**Assignment**. In full and without deviation, reproduce the records that follow.

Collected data

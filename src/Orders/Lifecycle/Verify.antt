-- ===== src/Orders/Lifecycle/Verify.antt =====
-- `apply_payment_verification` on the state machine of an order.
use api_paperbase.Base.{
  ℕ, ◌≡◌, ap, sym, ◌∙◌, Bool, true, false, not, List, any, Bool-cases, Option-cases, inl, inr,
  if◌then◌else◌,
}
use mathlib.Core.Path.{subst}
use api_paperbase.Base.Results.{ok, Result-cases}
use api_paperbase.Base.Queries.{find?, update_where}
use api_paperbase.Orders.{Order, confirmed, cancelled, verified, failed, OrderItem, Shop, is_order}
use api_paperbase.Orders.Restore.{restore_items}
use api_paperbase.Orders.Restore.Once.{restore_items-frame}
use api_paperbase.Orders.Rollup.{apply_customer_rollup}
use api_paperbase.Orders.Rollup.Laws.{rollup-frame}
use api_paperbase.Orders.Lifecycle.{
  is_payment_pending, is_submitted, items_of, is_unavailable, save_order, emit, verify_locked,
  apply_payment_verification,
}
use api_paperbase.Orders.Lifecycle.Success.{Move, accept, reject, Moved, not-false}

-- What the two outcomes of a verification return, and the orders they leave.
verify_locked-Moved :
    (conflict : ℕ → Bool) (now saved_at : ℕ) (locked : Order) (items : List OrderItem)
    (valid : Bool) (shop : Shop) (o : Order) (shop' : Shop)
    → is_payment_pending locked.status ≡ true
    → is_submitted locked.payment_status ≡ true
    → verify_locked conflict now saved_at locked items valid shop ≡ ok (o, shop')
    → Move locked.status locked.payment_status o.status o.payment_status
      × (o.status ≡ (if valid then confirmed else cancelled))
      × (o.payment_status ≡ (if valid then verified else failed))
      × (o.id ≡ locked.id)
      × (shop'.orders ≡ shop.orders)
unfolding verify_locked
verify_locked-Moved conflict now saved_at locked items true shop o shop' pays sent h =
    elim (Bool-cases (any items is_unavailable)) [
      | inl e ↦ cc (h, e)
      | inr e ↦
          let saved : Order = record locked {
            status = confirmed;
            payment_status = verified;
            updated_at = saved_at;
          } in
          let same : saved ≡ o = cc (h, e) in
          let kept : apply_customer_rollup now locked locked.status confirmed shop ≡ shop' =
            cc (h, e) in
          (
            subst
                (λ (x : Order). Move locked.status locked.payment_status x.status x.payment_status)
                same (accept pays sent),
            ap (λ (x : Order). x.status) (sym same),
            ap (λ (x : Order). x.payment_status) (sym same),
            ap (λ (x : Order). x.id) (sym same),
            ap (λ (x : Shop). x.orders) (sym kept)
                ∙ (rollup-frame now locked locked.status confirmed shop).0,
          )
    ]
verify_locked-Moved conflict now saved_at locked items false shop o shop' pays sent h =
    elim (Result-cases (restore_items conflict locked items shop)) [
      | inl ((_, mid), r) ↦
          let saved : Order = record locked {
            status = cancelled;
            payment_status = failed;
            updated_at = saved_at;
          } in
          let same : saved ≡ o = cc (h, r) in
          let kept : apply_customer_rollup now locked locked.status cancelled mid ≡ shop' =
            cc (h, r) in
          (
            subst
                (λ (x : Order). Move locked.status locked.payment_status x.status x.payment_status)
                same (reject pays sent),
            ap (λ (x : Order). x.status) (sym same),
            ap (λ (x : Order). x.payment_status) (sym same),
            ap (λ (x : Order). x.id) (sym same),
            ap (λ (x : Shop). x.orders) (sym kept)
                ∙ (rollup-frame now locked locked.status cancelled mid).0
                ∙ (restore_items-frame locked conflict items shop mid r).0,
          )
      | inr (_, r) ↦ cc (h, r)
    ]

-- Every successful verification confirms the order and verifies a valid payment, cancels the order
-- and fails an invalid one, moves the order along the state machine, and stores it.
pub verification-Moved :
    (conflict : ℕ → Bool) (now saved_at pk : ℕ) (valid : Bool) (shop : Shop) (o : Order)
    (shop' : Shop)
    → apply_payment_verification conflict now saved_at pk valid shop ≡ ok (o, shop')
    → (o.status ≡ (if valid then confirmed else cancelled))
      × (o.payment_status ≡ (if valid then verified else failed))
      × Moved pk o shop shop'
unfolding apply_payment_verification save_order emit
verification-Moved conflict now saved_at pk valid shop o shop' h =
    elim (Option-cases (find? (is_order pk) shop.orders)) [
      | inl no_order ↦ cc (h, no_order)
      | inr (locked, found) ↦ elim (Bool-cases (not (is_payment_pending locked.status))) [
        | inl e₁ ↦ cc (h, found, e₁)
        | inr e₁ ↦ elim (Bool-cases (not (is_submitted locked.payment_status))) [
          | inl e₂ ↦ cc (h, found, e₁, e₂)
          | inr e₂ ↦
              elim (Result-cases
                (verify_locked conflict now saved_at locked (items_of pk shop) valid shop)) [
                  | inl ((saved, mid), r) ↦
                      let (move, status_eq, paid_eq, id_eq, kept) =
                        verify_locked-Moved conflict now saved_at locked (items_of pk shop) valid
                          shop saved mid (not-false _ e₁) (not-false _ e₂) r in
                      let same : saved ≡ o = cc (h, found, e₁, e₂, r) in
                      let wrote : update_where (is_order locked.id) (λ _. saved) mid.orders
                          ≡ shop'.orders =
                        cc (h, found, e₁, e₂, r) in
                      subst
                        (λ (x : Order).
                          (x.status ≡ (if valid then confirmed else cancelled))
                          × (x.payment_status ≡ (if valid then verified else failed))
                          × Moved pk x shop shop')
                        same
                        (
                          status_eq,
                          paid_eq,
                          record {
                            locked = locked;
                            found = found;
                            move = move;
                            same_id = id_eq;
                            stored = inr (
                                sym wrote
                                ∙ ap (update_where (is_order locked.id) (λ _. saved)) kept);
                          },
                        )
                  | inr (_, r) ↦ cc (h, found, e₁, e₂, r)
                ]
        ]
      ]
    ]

**Finished task**.
filename src/Orders/Lifecycle/Verify.antt
-- ===== src/Orders/Lifecycle/Verify.antt =====
-- `apply_payment_verification` on the state machine of an order.
use api_paperbase.Base.{
  ℕ, ◌≡◌, ap, sym, ◌∙◌, Bool, true, false, not, List, any, Bool-cases, Option-cases, inl, inr,
  if◌then◌else◌,
}
use mathlib.Core.Path.{subst}
use api_paperbase.Base.Results.{ok, Result-cases}
use api_paperbase.Base.Queries.{find?, update_where}
use api_paperbase.Orders.{Order, confirmed, cancelled, verified, failed, OrderItem, Shop, is_order}
use api_paperbase.Orders.Restore.{restore_items}
use api_paperbase.Orders.Restore.Once.{restore_items-frame}
use api_paperbase.Orders.Rollup.{apply_customer_rollup}
use api_paperbase.Orders.Rollup.Laws.{rollup-frame}
use api_paperbase.Orders.Lifecycle.{
  is_payment_pending, is_submitted, items_of, is_unavailable, save_order, emit, verify_locked,
  apply_payment_verification,
}
use api_paperbase.Orders.Lifecycle.Success.{Move, accept, reject, Moved, not-false}

-- What the two outcomes of a verification return, and the orders they leave.
verify_locked-Moved :
    (conflict : ℕ → Bool) (now saved_at : ℕ) (locked : Order) (items : List OrderItem)
    (valid : Bool) (shop : Shop) (o : Order) (shop' : Shop)
    → is_payment_pending locked.status ≡ true
    → is_submitted locked.payment_status ≡ true
    → verify_locked conflict now saved_at locked items valid shop ≡ ok (o, shop')
    → Move locked.status locked.payment_status o.status o.payment_status
      × (o.status ≡ (if valid then confirmed else cancelled))
      × (o.payment_status ≡ (if valid then verified else failed))
      × (o.id ≡ locked.id)
      × (shop'.orders ≡ shop.orders)
unfolding verify_locked
verify_locked-Moved conflict now saved_at locked items true shop o shop' pays sent h =
    elim (Bool-cases (any items is_unavailable)) [
      | inl e ↦ cc (h, e)
      | inr e ↦
          let saved : Order = record locked {
            status = confirmed;
            payment_status = verified;
            updated_at = saved_at;
          } in
          let same : saved ≡ o = cc (h, e) in
          let kept : apply_customer_rollup now locked locked.status confirmed shop ≡ shop' =
            cc (h, e) in
          (
            subst
                (λ (x : Order). Move locked.status locked.payment_status x.status x.payment_status)
                same (accept pays sent),
            ap (λ (x : Order). x.status) (sym same),
            ap (λ (x : Order). x.payment_status) (sym same),
            ap (λ (x : Order). x.id) (sym same),
            ap (λ (x : Shop). x.orders) (sym kept)
                ∙ (rollup-frame now locked locked.status confirmed shop).0,
          )
    ]
verify_locked-Moved conflict now saved_at locked items false shop o shop' pays sent h =
    elim (Result-cases (restore_items conflict locked items shop)) [
      | inl ((_, mid), r) ↦
          let saved : Order = record locked {
            status = cancelled;
            payment_status = failed;
            updated_at = saved_at;
          } in
          let same : saved ≡ o = cc (h, r) in
          let kept : apply_customer_rollup now locked locked.status cancelled mid ≡ shop' =
            cc (h, r) in
          (
            subst
                (λ (x : Order). Move locked.status locked.payment_status x.status x.payment_status)
                same (reject pays sent),
            ap (λ (x : Order). x.status) (sym same),
            ap (λ (x : Order). x.payment_status) (sym same),
            ap (λ (x : Order). x.id) (sym same),
            ap (λ (x : Shop). x.orders) (sym kept)
                ∙ (rollup-frame now locked locked.status cancelled mid).0
                ∙ (restore_items-frame locked conflict items shop mid r).0,
          )
      | inr (_, r) ↦ cc (h, r)
    ]

-- Every successful verification confirms the order and verifies a valid payment, cancels the order
-- and fails an invalid one, moves the order along the state machine, and stores it.
pub verification-Moved :
    (conflict : ℕ → Bool) (now saved_at pk : ℕ) (valid : Bool) (shop : Shop) (o : Order)
    (shop' : Shop)
    → apply_payment_verification conflict now saved_at pk valid shop ≡ ok (o, shop')
    → (o.status ≡ (if valid then confirmed else cancelled))
      × (o.payment_status ≡ (if valid then verified else failed))
      × Moved pk o shop shop'
unfolding apply_payment_verification save_order emit
verification-Moved conflict now saved_at pk valid shop o shop' h =
    elim (Option-cases (find? (is_order pk) shop.orders)) [
      | inl no_order ↦ cc (h, no_order)
      | inr (locked, found) ↦ elim (Bool-cases (not (is_payment_pending locked.status))) [
        | inl e₁ ↦ cc (h, found, e₁)
        | inr e₁ ↦ elim (Bool-cases (not (is_submitted locked.payment_status))) [
          | inl e₂ ↦ cc (h, found, e₁, e₂)
          | inr e₂ ↦
              elim (Result-cases
                (verify_locked conflict now saved_at locked (items_of pk shop) valid shop)) [
                  | inl ((saved, mid), r) ↦
                      let (move, status_eq, paid_eq, id_eq, kept) =
                        verify_locked-Moved conflict now saved_at locked (items_of pk shop) valid
                          shop saved mid (not-false _ e₁) (not-false _ e₂) r in
                      let same : saved ≡ o = cc (h, found, e₁, e₂, r) in
                      let wrote : update_where (is_order locked.id) (λ _. saved) mid.orders
                          ≡ shop'.orders =
                        cc (h, found, e₁, e₂, r) in
                      subst
                        (λ (x : Order).
                          (x.status ≡ (if valid then confirmed else cancelled))
                          × (x.payment_status ≡ (if valid then verified else failed))
                          × Moved pk x shop shop')
                        same
                        (
                          status_eq,
                          paid_eq,
                          record {
                            locked = locked;
                            found = found;
                            move = move;
                            same_id = id_eq;
                            stored = inr (
                                sym wrote
                                ∙ ap (update_where (is_order locked.id) (λ _. saved)) kept);
                          },
                        )
                  | inr (_, r) ↦ cc (h, found, e₁, e₂, r)
                ]
        ]
      ]
    ]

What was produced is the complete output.